Hiding Communication Cost in Distributed LLM Training via Micro-batch Co-execution

Haiquan Wang,Chaoyi Ruan,Jia He,Jiaqi Ruan,Chengjie Tang,Xiaosong Ma,Cheng Li
2024-11-24
Abstract:The growth of Large Language Models (LLMs) has necessitated large-scale distributed training. Highly optimized frameworks, however, still suffer significant losses in Model FLOPS utilization (often below 50%) due to large communication volumes. Meanwhile, our comprehensive profiling shows that the computation- and communication-intensive operators overlap well. This paper introduces DHelix, a novel micro-structure that dramatically improves the efficiency of LLM training inspired by the DNA structure. Central to DHelix's design is Strand Interleaving (SI), which views the continuous stream of training micro-batches through a GPU as two strands. DHelix juxtaposes the forward and backward passes of the two strands and performs a systematic optimization for an SI plan that co-schedules the operators from the opposite strands, enabled by operator-level overlap profiling results and a dynamic-programming based search algorithm. Meanwhile, DHelix enables the two strands to share model states and space for activation data, effectively accommodating two micro-batches with under 3% extra memory space. Dhelix seamlessly integrates with all forms of existing data/model parallelism, the most challenging being pipeline parallelism, thanks to its unique model folding design that results in a W-shaped pipeline. We evaluate DHelix training with the popular Llama and GPT dense models, plus the Phi Mixture of Expert (MoE) model, across 3 GPU clusters (A40, A800, and H100). Results show that it achieves 12-40% (up to 58% MFU) and 2-29% (up to 71% MFU) improvement on the 64-A40 and 64-A800 clusters, respectively, significantly outperforming state-of-the-art methods. On the H100 cluster, though the faster network reduces DHelix's profit margin, it makes cross-node tensor parallelism promising, a practice currently prohibitive due to communication costs.

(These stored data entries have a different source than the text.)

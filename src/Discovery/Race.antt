-- ===== src/Discovery/Race.antt =====
-- server/discovery.cpp: a beacon between `setCluster` and its drop calls.
use wisp.Prelude.{
  ◌≡◌, refl, true, false, some, [], ◌∷◌, ◌==◌, Bytes, bytes_eq, bytes_beq_iff, before, ℕ, arith,
}
use wisp.Prelude.Map.{Map, lookup, contains, keys, insert}
use wisp.Beacon
use wisp.Beacon.{Beacon}
use wisp.Discovery.{
  Discovery, PeerEntry, address_of, dial, drop, on_beacon, on_datagram, meet, set_cluster, drops,
}
use wisp.Discovery.Roster.{open_after}
use wisp.Discovery.Threads.{Threads, Event, to_drop, drop_first, step, run}

module _ (t : Threads) (cluster sender_ip data' : Bytes) (heard : Beacon) (now : ℕ)
    (entry : PeerEntry) (others : Map PeerEntry) where
  abbrev emptied : Discovery
  emptied = record t.roster { cluster = cluster; dialed = [] }

  abbrev known_as : PeerEntry
  known_as = record { address = address_of sender_ip heard.router_port; last_seen = now }

  abbrev remet : Discovery
  remet = record t.roster { cluster = cluster; dialed = (heard.uuid, known_as) ∷ [] }

  module _ (is : Beacon.decode data' ≡ some heard)
      (other : (heard.uuid == t.roster.self_uuid) ≡ false)
      (lt : before t.roster.self_uuid heard.uuid ≡ true) (same : heard.cluster ≡ cluster) where
    meets : on_datagram emptied sender_ip data' now ≡ (remet, dial heard.uuid known_as.address ∷ [])
    unfolding on_datagram on_beacon meet lookup insert
    meets =
        rw (is, on_datagram)
          (rw (other, lt) (ground (arith, bytes_beq_iff heard.cluster cluster, same)))

    refreshes : on_datagram remet sender_ip data' now ≡ (remet, [])
    unfolding on_datagram on_beacon meet lookup insert
    refreshes =
        rw (is, on_datagram)
          (rw (other, lt)
            (ground (
              arith,
              bytes_beq_iff heard.cluster cluster,
              same,
              bytes_beq_iff heard.uuid heard.uuid,
            )))

    clears :
        (cluster == t.roster.cluster) ≡ false
        → t.roster.dialed ≡ (heard.uuid, entry) ∷ others
        → set_cluster t.roster cluster ≡ (emptied, drop heard.uuid ∷ drops (keys others))
    unfolding set_cluster drops keys
    clears moved first = rw (moved, first) refl

  -- The broker's cluster is changed while this peer is the first on its roster; the peer, which has
  -- changed its cluster too, is heard before it is dropped, and once more afterwards.
  abbrev pub crossed : Threads
  crossed = run t (
      Event.joins cluster
      ∷ Event.hears sender_ip data' now
      ∷ Event.drops_next
      ∷ Event.hears sender_ip data' now
      ∷ [])

  -- A peer that stands first on the roster while no drop call is owed, whose uuid is the larger one, and
  -- that is heard in the new cluster between the change of the cluster and its drop call: it ends without
  -- a link though it is on the roster, and its next beacon does not dial it.
  pub race_drops_dialed :
      (cluster == t.roster.cluster) ≡ false
      → t.roster.dialed ≡ (heard.uuid, entry) ∷ others
      → t.owed ≡ []
      → Beacon.decode data' ≡ some heard
      → (heard.uuid == t.roster.self_uuid) ≡ false
      → before t.roster.self_uuid heard.uuid ≡ true
      → heard.cluster ≡ cluster
      → (contains heard.uuid crossed.roster.dialed ≡ true) × (crossed.links heard.uuid ≡ false)
  unfolding run step to_drop drop_first open_after contains lookup
  race_drops_dialed moved first idle is other lt same =
      rw
        (
          clears is other lt same moved first,
          idle,
          meets is other lt same,
          refreshes is other lt same,
        )
        (ground (arith, bytes_beq_iff heard.uuid heard.uuid))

Distributed, Parallel, and Cluster Computing
What problem does this paper attempt to address?
The problem that this paper attempts to solve is: **In the training of distributed large language models (LLMs), the problem of low model floating - point operation utilization (MFU) due to communication overhead**. Specifically: 1. **Communication Bottleneck Problem**: - As the scale of LLMs grows, distributed training becomes indispensable. However, current optimization frameworks still have significant communication bottlenecks, resulting in the model floating - point operation utilization (MFU) of GPUs often being less than 50%. - These communication bottlenecks mainly come from a large number of communication operations (such as AllGather and ReduceScatter) introduced by various parallel strategies (such as tensor parallelism, sequence parallelism, context parallelism, and expert parallelism, etc.), which occupy a large amount of execution time. 2. **Limitations of Existing Methods**: - The two existing main methods - "intra - batch" and "inter - batch" - both have their own limitations: - "Intra - batch" achieves overlap by decomposing communication and computation operations into smaller units, but is limited by data dependencies within micro - batches and a decline in computational efficiency. - "Inter - batch" overlaps forward computation and backward propagation by concurrently executing two batches and using their complementary GPU memory usage patterns, but has fundamental limitations when applied in the pipeline parallelism (PP) framework and requires a large memory overhead. To solve these problems, the paper proposes **DHelix**, a novel microstructure design, aiming to significantly improve the efficiency of LLM training through Strand Interleaving (SI). The core idea of DHelix is to regard consecutive training micro - batches as two interleaved chains (α - chain and β - chain) and jointly schedule operations from different chains through systematic optimization, thereby effectively hiding communication costs and increasing GPU utilization.